O acusado foi preso em flagrante. Pagou fiança.

O Ministério Publico informou que o acusado não aceitou o ANPP.

Decido.

Segundo os depoimentos dos policiais civis, que relataram atuação na Operação Blecaute, e que junto com técnico da CEEE, no Mercado e Restaurante Back Soda, em vistoria autorizada pelo administrador/denunciado, constataram abastecimento ilícito de energia elétrica, por meio de ligação clandestina na rede da CEEE, sem relógio medidor do consumo, além de tampa do medidor com lacres de aferição violados (Laudo Técnico de Inspeção n.º 15699461 - evento 3, PROCUJID2, fl. 1). Consta como apurado débito, a princípio com base em arbitramento regulado pela ANEEL, a título de recuperação de consumo, compreendendo o período de setembro de 2019 a 2020, chegando-se a 5.685 kWh, e obrigação pecuniária de R$ 4.953,20. Perante a autoridade policial, o acusado disse que era locatário do estabelecimento há oito meses, o qual pertenceria a Jorge Alan Garrido da Silva Couto. Negou ter adulterado o medidor de energia e que soubesse adulteração e da ligação irregular. O proprietário, ouvido pela autoridade policial, disse que a fraude pode ter sido praticada por outro locatário.

No contexto do que se infere do inquérito, não vislumbro suficiência do fato para adequação típica, o qual se caracteriza como inadimplemento contratual e ilícito civil, ainda que constatada a fraude, que tem a autoria, de qualquer modo, pouco esclarecida. A recuperação de consumo, nesses casos, é regulada ANEEL, dispondo a fornecedora da energia elétrica dos meios cíveis cabíveis para cobrança.

Com efeito, a imputação está calcada no não pagamento de débito apurado em ação de recuperação de consumo, situação bastante corriqueira, que aporta nas vara cíveis, muitas vezes, para fins de negociação da dívida.

No ponto, o inadimplemento de uma obrigação é matéria que melhor se resolve no âmbito civil, não se equiparando o prejuízo patrimonial com responsabilidade penal, faltando, portanto, justa causa à persecução penal.

Nesse sentido, colho lições da doutrina:

A tipicidade penal exige uma ofensa de alguma gravidade aos bens jurídicos protegidos, pois nem sempre qualquer ofensa a esses bens ou interesses é suficiente para configurar o injusto típico. (...) Amiúde, condutas que se amoldam a determinado tipo penal, sob o ponto de vista formal, não apresentam nenhuma relevância material. Nessas circunstâncias, pode-se afastar liminarmente a tipicidade penal porque em verdade o bem jurídico não chegou a ser lesado. (BITENCOURT, Cezar Roberto. Tratado de Direito Penal. 15ª ed., pg. 51. São Paulo: Saraiva, 2010).

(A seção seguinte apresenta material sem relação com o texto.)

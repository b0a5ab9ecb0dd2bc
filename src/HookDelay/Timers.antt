-- ===== src/HookDelay/Timers.antt =====
-- The operations of the processor of lib/utils/action-hook-delay.js.
use jambonz_feature_server.Prelude.{
  ℕ, zero, suc, ◌%◌, Bool, true, false, ◌&&◌, Option, none, some, List, [], ◌∷◌, ◌++◌, ◌==◌, ltb,
  length, get_elem?, if◌then◌else◌,
}
use jambonz_feature_server.HookDelay.State.{
  Verb, Event, Processor, play, giveup, giveup_with_tasks, killed_audio, killed_play, started,
  unset, clears, resolves,
}

-- `setTimeout(this._onNoResponseTimer.bind(this), this.noResponseTimeout * 1000)`
abbrev pub arm_no_response : Processor → Processor
arm_no_response p = record p {
  no_response_timer = some p.next_timer;
  no_response_armed = p.next_timer ∷ p.no_response_armed;
  next_timer = suc p.next_timer;
}

abbrev pub arm_give_up : Processor → Processor
arm_give_up p = record p {
  give_up_timer = some p.next_timer;
  give_up_armed = p.next_timer ∷ p.give_up_armed;
  next_timer = suc p.next_timer;
}

-- `start`
unfoldable pub start : Processor → Processor
start p =
    if p.active
    then p
    else let q = record p { active = true; retry_count = 0 } in
      let r = if ltb 0 p.no_response_timeout then arm_no_response q else q in
      if ltb 0 p.no_response_give_up_timeout then arm_give_up r else r

-- A timer that fires or is cleared is no longer armed.
unfoldable pub disarm : ℕ → List ℕ → List ℕ
disarm n [] = []
disarm n (m ∷ ms) = if n == m then ms else m ∷ disarm n ms

abbrev pub clear : Option ℕ → List ℕ → List ℕ
clear none ms = ms
clear (some n) ms = disarm n ms

-- What `stop` waits for: nothing, the kill of a task that plays, or the end of the audio.
pub data Wait : Type 0 where
  settled kills resolver : Wait

abbrev pub log : Event → Processor → Processor
log e p = record p { out = p.out ++ e ∷ [] }

-- The promise that `stop` returns in the end, and its resolver.
unfoldable pub await_resolver : Processor → Processor
await_resolver p = record p { say_resolver = resolves; unresolved = suc p.unresolved }

-- `stop`, up to its `await`.
unfoldable pub stop : Processor → Processor × Wait
unfolding await_resolver disarm
stop p =
    let quiet = record p {
      active = false;
      no_response_timer = none;
      no_response_armed = clear p.no_response_timer p.no_response_armed;
      give_up_timer = none;
      give_up_armed = clear p.give_up_timer p.give_up_armed;
    } in
    elim p.task_in_progress [
      | none ↦ (quiet, settled)
      | some play ↦ (log killed_play (record quiet { say_resolver = clears }), kills)
      | some _ ↦ (await_resolver quiet, resolver)
    ]

-- `stop`, after the `await` of the kill.
unfoldable pub stop_after_kill : Processor → Processor
unfolding await_resolver
stop_after_kill p = await_resolver p

abbrev pub nth : List Verb → ℕ → Option Verb
nth vs n = get_elem? vs (n % length vs)

-- `_onNoResponseTimer`, where there is a next action: `made` says whether it became a task. An error that
-- the callback throws leaves what was done before it.
abbrev pub play_action : Bool → Option Verb → Processor → Processor
play_action made none q = q
play_action made (some v) q =
    if made
    then log (started v) (record q {
      task_in_progress = some v;
      listeners = suc q.listeners;
      retry_count = suc q.retry_count;
    })
    else record q { task_in_progress = none }

abbrev pub next_action : Option (List Verb) → ℕ → Option Verb
next_action none n = none
next_action (some vs) n = nth vs n

-- `_onNoResponseTimer`
unfoldable pub on_no_response_timer : Bool → ℕ → Processor → Processor
unfolding disarm
on_no_response_timer made n p =
    let q = record p {
      no_response_timer = none;
      no_response_armed = disarm n p.no_response_armed;
    } in
    if p.ep
    then play_action made (next_action p.actions p.retry_count) q
    else record q { active = false }

-- The `catch` of the task's `exec`, which drops the listeners.
unfoldable pub exec_failed : Processor → Processor
exec_failed p =
    if p.ep
    then record p { task_in_progress = none; listeners = 0 }
    else record p { task_in_progress = none }

-- The listener for `playback-start`.
unfoldable pub on_playback_start : Processor → Processor
on_playback_start p = if p.active then p else if p.ep then log killed_audio p else p

abbrev pub restarts : Processor → Bool
restarts p =
    p.active && ltb 0 p.retries && ltb p.retry_count p.retries && ltb 0 p.no_response_timeout

-- One listener for `playback-stop`.
unfoldable pub playback_stopped : Processor → Processor
playback_stopped p =
    let q = record p { task_in_progress = none } in
    elim p.say_resolver [
      | unset ↦ if restarts p then arm_no_response q else q
      | clears ↦ record q { say_resolver = unset }
      | resolves ↦ record q { say_resolver = unset; unresolved = Prim.Native.Nat.pred p.unresolved }
    ]

abbrev pub call_times : ℕ → Processor → Processor
call_times zero p = p
call_times (suc n) p = call_times n (playback_stopped p)

-- The event `playback-stop`: every listener that was added by `once` is called.
unfoldable pub on_playback_stop : Processor → Processor
unfolding playback_stopped
on_playback_stop p = call_times p.listeners (record p { listeners = 0 })

-- `_onNoResponseGiveUpTimer`
unfoldable pub on_give_up_timer : ℕ → Processor → Processor
unfolding stop disarm
on_give_up_timer n p =
    let q = record p { active = false; give_up_armed = disarm n p.give_up_armed } in
    if p.give_up_actions then log giveup_with_tasks q else log giveup (stop q).0
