-- ===== src/HookDelay/Turns.antt =====
-- The timers, listeners and actions between two starts: lib/utils/action-hook-delay.js.
use jambonz_feature_server.HookDelay.State.{
  Event, Processor, giveup, giveup_with_tasks, killed_audio, killed_play, started,
}
use jambonz_feature_server.HookDelay.Timers.{
  disarm, clear, stop, stop_after_kill, on_no_response_timer, exec_failed, on_playback_start,
  on_playback_stop, on_give_up_timer,
}
use jambonz_feature_server.Prelude.{
  ℕ, suc, ◌+◌, ◌≤◌, Bool, true, false, ◌||◌, Option, none, some, List, [], ◌∷◌, ◌++◌, ◌==◌, ltb,
  length, if◌then◌else◌, ◌≡◌, sym, ap, ◌∙◌, inl, inr, arith, Bool-cases,
}

-- What can happen between a start and the next one.
pub data Op : Type 0 where
  timer : (made : Bool) → ℕ → Op
  give_up : ℕ → Op
  playback_start playback_stop failed stopping killed : Op

unfoldable pub mem : ℕ → List ℕ → Bool
mem n [] = false
mem n (m ∷ ms) = (n == m) || mem n ms

-- One event; only a timer that is armed fires.
unfoldable pub step : Op → Processor → Processor
unfolding mem
step (timer made n) p = if mem n p.no_response_armed then on_no_response_timer made n p else p
step (give_up n) p = if mem n p.give_up_armed then on_give_up_timer n p else p
step playback_start p = on_playback_start p
step playback_stop p = on_playback_stop p
step failed p = exec_failed p
step stopping p = (stop p).0
step killed p = stop_after_kill p

unfoldable pub run : List Op → Processor → Processor
unfolding step
run [] p = p
run (op ∷ ops) p = run ops (step op p)

-- How many actions were started.
unfoldable pub count_started : List Event → ℕ
count_started [] = 0
count_started (started _ ∷ es) = suc (count_started es)
count_started (_ ∷ es) = count_started es

unfoldable pub allowed : Processor → ℕ
allowed p = if ltb 0 p.retries then p.retries else 1

-- Each action that may still start has a timer, and there is a timer or a listener, not both.
unfoldable pub Turns : (n armed done listeners count most : ℕ) → Type 0
Turns n armed done listeners count most =
    armed + done ≤ n × armed + listeners ≤ 1 × done ≡ count × most ≡ n

unfoldable pub HasTurns : ℕ → Processor → Type 0
unfolding Turns
HasTurns n p =
    Turns n (length p.no_response_armed) (count_started p.out) p.listeners p.retry_count (allowed p)

-- Fewer timers and listeners, after the same number of actions.
pub Turns-fewer :
    (n a a1 d d1 l l1 c m : ℕ) → a1 ≤ a → l1 ≤ l → d1 ≡ d → Turns n a d l c m → Turns n a1 d1 l1 c m
unfolding Turns
Turns-fewer n a a1 d d1 l l1 c m p q r (x, y, z, w) = (omega arith, omega arith, omega arith, w)

pub Turns-arm :
    (n a d l c m : ℕ) → a + l ≤ 0 → suc c ≤ m → Turns n a d l c m → Turns n (suc a) d l c m
unfolding Turns
Turns-arm n a d l c m p q (x, y, z, w) = (omega arith, omega arith, z, w)

pub Turns-fire :
    (n a a1 d d1 l c m : ℕ)
    → a ≡ suc a1
    → d1 ≡ suc d
    → Turns n a d l c m
    → Turns n a1 d1 (suc l) (suc c) m
unfolding Turns
Turns-fire n a a1 d d1 l c m p q (x, y, z, w) = (omega arith, omega arith, omega arith, w)

pub count_started-append :
    (es fs : List Event) → count_started (es ++ fs) ≡ count_started es + count_started fs
unfolding count_started
count_started-append [] fs = omega arith
count_started-append (started v ∷ es) fs = omega (arith, count_started-append es fs)
count_started-append (giveup ∷ es) fs = count_started-append es fs
count_started-append (giveup_with_tasks ∷ es) fs = count_started-append es fs
count_started-append (killed_audio ∷ es) fs = count_started-append es fs
count_started-append (killed_play ∷ es) fs = count_started-append es fs

pub length-disarm : (n : ℕ) (ms : List ℕ) → length (disarm n ms) ≤ length ms
unfolding disarm
length-disarm n [] = omega arith
length-disarm n (m ∷ ms) = elim (Bool-cases (n == m)) [
  | inl e ↦ rw e (omega arith)
  | inr e ↦ rw e (omega (arith, length-disarm n ms))
]

pub length-disarm-mem :
    (n : ℕ) (ms : List ℕ) → mem n ms ≡ true → suc (length (disarm n ms)) ≡ length ms
unfolding disarm mem
length-disarm-mem n [] h = cc
length-disarm-mem n (m ∷ ms) h = elim (Bool-cases (n == m)) [
  | inl e ↦ rw e
  | inr e ↦ rw e (ap suc (length-disarm-mem n ms (sym (ap (λ b. b || mem n ms) e) ∙ h)))
]

pub clear-le : (o : Option ℕ) (ms : List ℕ) → length (clear o ms) ≤ length ms
clear-le none ms = omega arith
clear-le (some n) ms = length-disarm n ms

pub append-started :
    (es : List Event) (e : Event) (k : ℕ)
    → count_started (e ∷ []) ≡ k
    → count_started (es ++ e ∷ []) ≡ k + count_started es
append-started es e k h =
    count_started-append es (e ∷ []) ∙ ap (λ m. count_started es + m) h ∙ omega arith

pub append-quiet :
    (es : List Event) (e : Event)
    → count_started (e ∷ []) ≡ 0
    → count_started (es ++ e ∷ []) ≡ count_started es
append-quiet es e h = append-started es e 0 h ∙ omega arith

Cuida-se, com efeito, de situação em que não é razoável que o Direito Penal, o Estado-Polícia e o Estado-Juiz movimentem-se no sentido de atribuir relevância à hipótese de descumprimento obrigacional. O caráter eminentemente subsidiário do Direito Penal limita sua intervenção à proteção dos bens jurídicos de maior relevância e repressão de condutas de maior transcendência para a vida social, para a coletividade, notadamente para aquelas que refletem em desassossego não só da vítima, mas que exponham, ainda que indiretamente, a coletividade ao risco decorrente do fato. Em outras palavras, não cabe ao Direito Penal ocupar-se de violações a bens jurídicos já eficazmente tutelados por outros ramos do Direito (princípio da intervenção mínima ou ultima ratio), no caso, do Direito Civil.

Isso posto, rejeito a denúncia oferecida contra DENYS NAVARRO TORRES, com base no art. 395, inciso III, do CPP.

Requisite-se o laudo de lesão corporal do denunciado.

Sem custas.

Não há bens a destinar.

Publique-se. Registre-se. Intimem-se.

Com o trânsito em julgado, arquive-se.


Documento assinado eletronicamente por JOCELAINE TEIXEIRA, Juíza de Direito, em 16/3/2022, às 15:35:21, conforme art. 1º, III, "b", da Lei 11.419/2006.

E a justificativa do parecer:

No mérito, deve ser provido o pleito recursal.

O Ministério Público ofereceu denúncia imputando ao recorrido a prática do crime de furto de energia elétrica, contudo, a Magistrada entendeu que a conduta praticada era atípica, rejeitando a denúncia nos seguintes termos (Evento 4 do proc. nº 5025282-24.2022.8.21.0001):

.../...

Com efeito, diferente do que sustentado na decisão recorrida, tem-se que a conduta praticada pelo recorrido é típica, estando descrita no artigo 155, §3º do Código Penal.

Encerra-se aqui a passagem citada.